**MATERIAL SHOWN:**

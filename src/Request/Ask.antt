-- ===== src/Request/Ask.antt =====
-- A rank never asks itself for work, and has at most one request on its way.
use libcircle.Prelude.{
  ℕ, ◌+◌, ◌%◌, ◌<◌, ◌≡◌, ◌≢◌, refl, ◌∙◌, Bool, true, false, Option, none, some, List, [], ◌∷◌, ◌++◌,
  arith, ◌==◌, inl, inr, Bool-cases, lt→ltb, ℤ, pos,
}
use native.Mathlib.Nat.{mod-lt}
use libcircle.C.{Run, ok, ◌>>=◌, u32_mod, Os}
use libcircle.Queue.{Queue}
use libcircle.Sends.{Payload}
use libcircle.State.{Tag, State, post}
use libcircle.Request.{
  pick, get_next_proc, test_request, ask_rank, ask, receive_reply, request_work,
}

-- Some draw is not the rank itself.
pub data Hits (rank size : ℕ) : List ℕ → Type 0 where
  here : {r : ℕ} {draws : List ℕ} → r % size ≢ rank → Hits rank size (r ∷ draws)
  later : {r : ℕ} {draws : List ℕ} → Hits rank size draws → Hits rank size (r ∷ draws)

ne→== : (a b : ℕ) → a ≢ b → (a == b) ≡ false
ne→== a b n = ground arith

==→ne : (a b : ℕ) → (a == b) ≡ false → a ≢ b
==→ne a b e = ground arith

pub pick-other :
    (st : State) (draws : List ℕ)
    → 0 < st.size
    → Hits st.rank st.size draws
    → (p : ℕ) × (pick st draws ≡ ok (record st { next_processor = some p }))
      × (p < st.size)
      × (p ≢ st.rank)
unfolding pick
pick-other st [] h hits = elim hits [ ]
pick-other st (r ∷ draws) h (here miss) =
    (r % st.size, rw (ne→== (r % st.size) st.rank miss) refl, mod-lt r h, miss)
pick-other st (r ∷ draws) h (later hits) =
    let (p, e, lt, other) = pick-other st draws h hits in
    elim (Bool-cases (r % st.size == st.rank)) [
      | inl same ↦ (p, rw (same, e) refl, lt, other)
      | inr new ↦ (r % st.size, rw new refl, mod-lt r h, ==→ne (r % st.size) st.rank new)
    ]

pub get_next_proc-other :
    (st : State) (draws : List ℕ)
    → 1 < st.size
    → Hits st.rank st.size draws
    → (p : ℕ) × (get_next_proc st draws ≡ ok (record st { next_processor = some p }))
      × (p < st.size)
      × (p ≢ st.rank)
unfolding get_next_proc
get_next_proc-other st draws several hits =
    let (p, e, lt, other) = pick-other st draws (omega arith) hits in
    (p, rw (lt→ltb 1 st.size several) e, lt, other)

-- A rank of several that has nothing on its way, is not told to stop, and has picked the rank
-- `source` to ask.
pub record CanAsk (st : State) (source : ℕ) : Type 0 where
  pub several : 1 < st.size
  pub no_abort : st.abort_flag ≡ false
  pub not_asked : st.work_requested ≡ false
  pub nothing_sent : st.request_pending ≡ false
  pub picked : st.next_processor ≡ some source

-- The rank after it has asked `source`, and picked `next` to ask after it.
abbrev pub asked : State → (source next : ℕ) → State
asked st source next = record (post st source Tag.work_request Payload.empty) {
  local_work_requested = (st.local_work_requested + 1) % u32_mod;
  request_pending = true;
  work_requested = true;
  work_requested_rank = source;
  next_processor = some next;
}

ask-rank :
    (st : State) (draws : List ℕ) {source : ℕ}
    → st.next_processor ≡ some source
    → ask st draws ≡ ask_rank st source draws
unfolding ask
ask-rank st draws e = rw e refl

ask_rank-asked :
    (st : State) (source : ℕ) (draws : List ℕ)
    → 1 < st.size
    → Hits st.rank st.size draws
    → (next : ℕ) × (ask_rank st source draws ≡ ok (asked st source next))
      × (next < st.size)
      × (next ≢ st.rank)
unfolding ask_rank
ask_rank-asked st source draws several hits =
    get_next_proc-other
      (record (post st source Tag.work_request Payload.empty) {
        local_work_requested = (st.local_work_requested + 1) % u32_mod;
        request_pending = true;
        work_requested = true;
        work_requested_rank = source;
      })
      draws several hits

request_work-free :
    (os : Os) (req_size : ℕ) (tested : Bool) (reply : Option (List ℤ × List ℕ)) (draws : List ℕ)
    (q : Queue) (st : State)
    → st.request_pending ≡ false
    → st.work_requested ≡ false
    → st.abort_flag ≡ false
    → request_work os req_size false tested reply draws q st
      ≡ (ask st draws >>= λ st'. ok (q, st', pos 0))
unfolding request_work test_request
request_work-free os req_size tested reply draws q st p w a = rw (p, w, a) refl

request_work-waits :
    (os : Os) (req_size : ℕ) (cleanup tested : Bool) (draws : List ℕ) (q : Queue) (st : State)
    → st.work_requested ≡ true
    → request_work os req_size cleanup tested none draws q st
      ≡ ok (q, (test_request st tested).0, pos 0)
unfolding request_work test_request receive_reply
request_work-waits os req_size cleanup tested draws q st w = elim (Bool-cases st.request_pending) [
  | inl p ↦ rw (p, w) refl
  | inr p ↦ rw (p, w) refl
]

-- Calls that find no reply, one after the other: each with its phase, what MPI_Test answers, and the
-- numbers that are drawn.
pub calls : Os → (req_size : ℕ) → List (Bool × Bool × List ℕ) → Queue → State → Run (Queue × State)
calls os req_size [] q st = ok (q, st)
calls os req_size ((cleanup, tested, draws) ∷ rest) q st = do
  (q', st', rc) ← request_work os req_size cleanup tested none draws q st
  calls os req_size rest q' st'

-- What one request leaves: a message to the rank that was picked, which is not this rank, another
-- rank picked for the next, and as long as no reply comes, no further message.
pub record Asked (os : Os) (req_size : ℕ) (q : Queue) (st : State) (source : ℕ) (st' : State)
    : Type 0 where
  pub message :
      st'.posted
      ≡ st.posted
        ++ (record { dest = source; tag = Tag.work_request; payload = Payload.empty } ∷ [])
  pub next : ℕ
  pub picked : st'.next_processor ≡ some next
  pub exists : next < st'.size
  pub other : next ≢ st'.rank
  pub silent :
      (rest : List (Bool × Bool × List ℕ))
      → (st'' : State) × (calls os req_size rest q st' ≡ ok (q, st''))
        × (st''.posted ≡ st'.posted)
        × (st''.work_requested ≡ true)

test_request_kept :
    (st : State) (tested : Bool)
    → ((test_request st tested).0.posted ≡ st.posted)
      × ((test_request st tested).0.work_requested ≡ st.work_requested)
unfolding test_request
test_request_kept st tested = elim (Bool-cases st.request_pending) [
  | inl p ↦ rw p (refl, refl)
  | inr p ↦ rw p (refl, refl)
]

calls-silent :
    (os : Os) (req_size : ℕ) (rest : List (Bool × Bool × List ℕ)) (q : Queue) (st : State)
    → st.work_requested ≡ true
    → (st' : State) × (calls os req_size rest q st ≡ ok (q, st'))
      × (st'.posted ≡ st.posted)
      × (st'.work_requested ≡ true)
unfolding calls
calls-silent os req_size [] q st w = (st, refl, refl, w)
calls-silent os req_size ((cleanup, tested, draws) ∷ rest) q st w =
    let (same, waiting) = test_request_kept st tested in
    let (st', run, same', w') =
      calls-silent os req_size rest q (test_request st tested).0 (waiting ∙ w) in
    (st', rw (request_work-waits os req_size cleanup tested draws q st w) run, same' ∙ same, w')

pub request_work-Asked :
    (os : Os) (req_size : ℕ) (tested : Bool) (reply : Option (List ℤ × List ℕ)) (draws : List ℕ)
    (q : Queue) (st : State) {source : ℕ}
    → CanAsk st source
    → Hits st.rank st.size draws
    → (st' : State) × (request_work os req_size false tested reply draws q st ≡ ok (q, st', pos 0))
      × Asked os req_size q st source st'
request_work-Asked os req_size tested reply draws q st {source} c hits =
    let (next, e, lt, other) = ask_rank-asked st source draws c.several hits in
    let st' = asked st source next in
    (
      st',
      rw
          (
            request_work-free os req_size tested reply draws q st c.nothing_sent c.not_asked
                c.no_abort,
            ask-rank st draws c.picked,
            e,
          )
          refl,
      record {
        message = refl;
        next = next;
        picked = refl;
        exists = lt;
        other = other;
        silent = λ rest. calls-silent os req_size rest q st' refl;
      },
    )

**TO DO:** Filter the entries above and copy only the lines that hold "arith".

**RESPONSE BELOW:**
  arith, ◌==◌, inl, inr, Bool-cases, lt→ltb, ℤ, pos,
ne→== a b n = ground arith
==→ne a b e = ground arith
    let (p, e, lt, other) = pick-other st draws (omega arith) hits in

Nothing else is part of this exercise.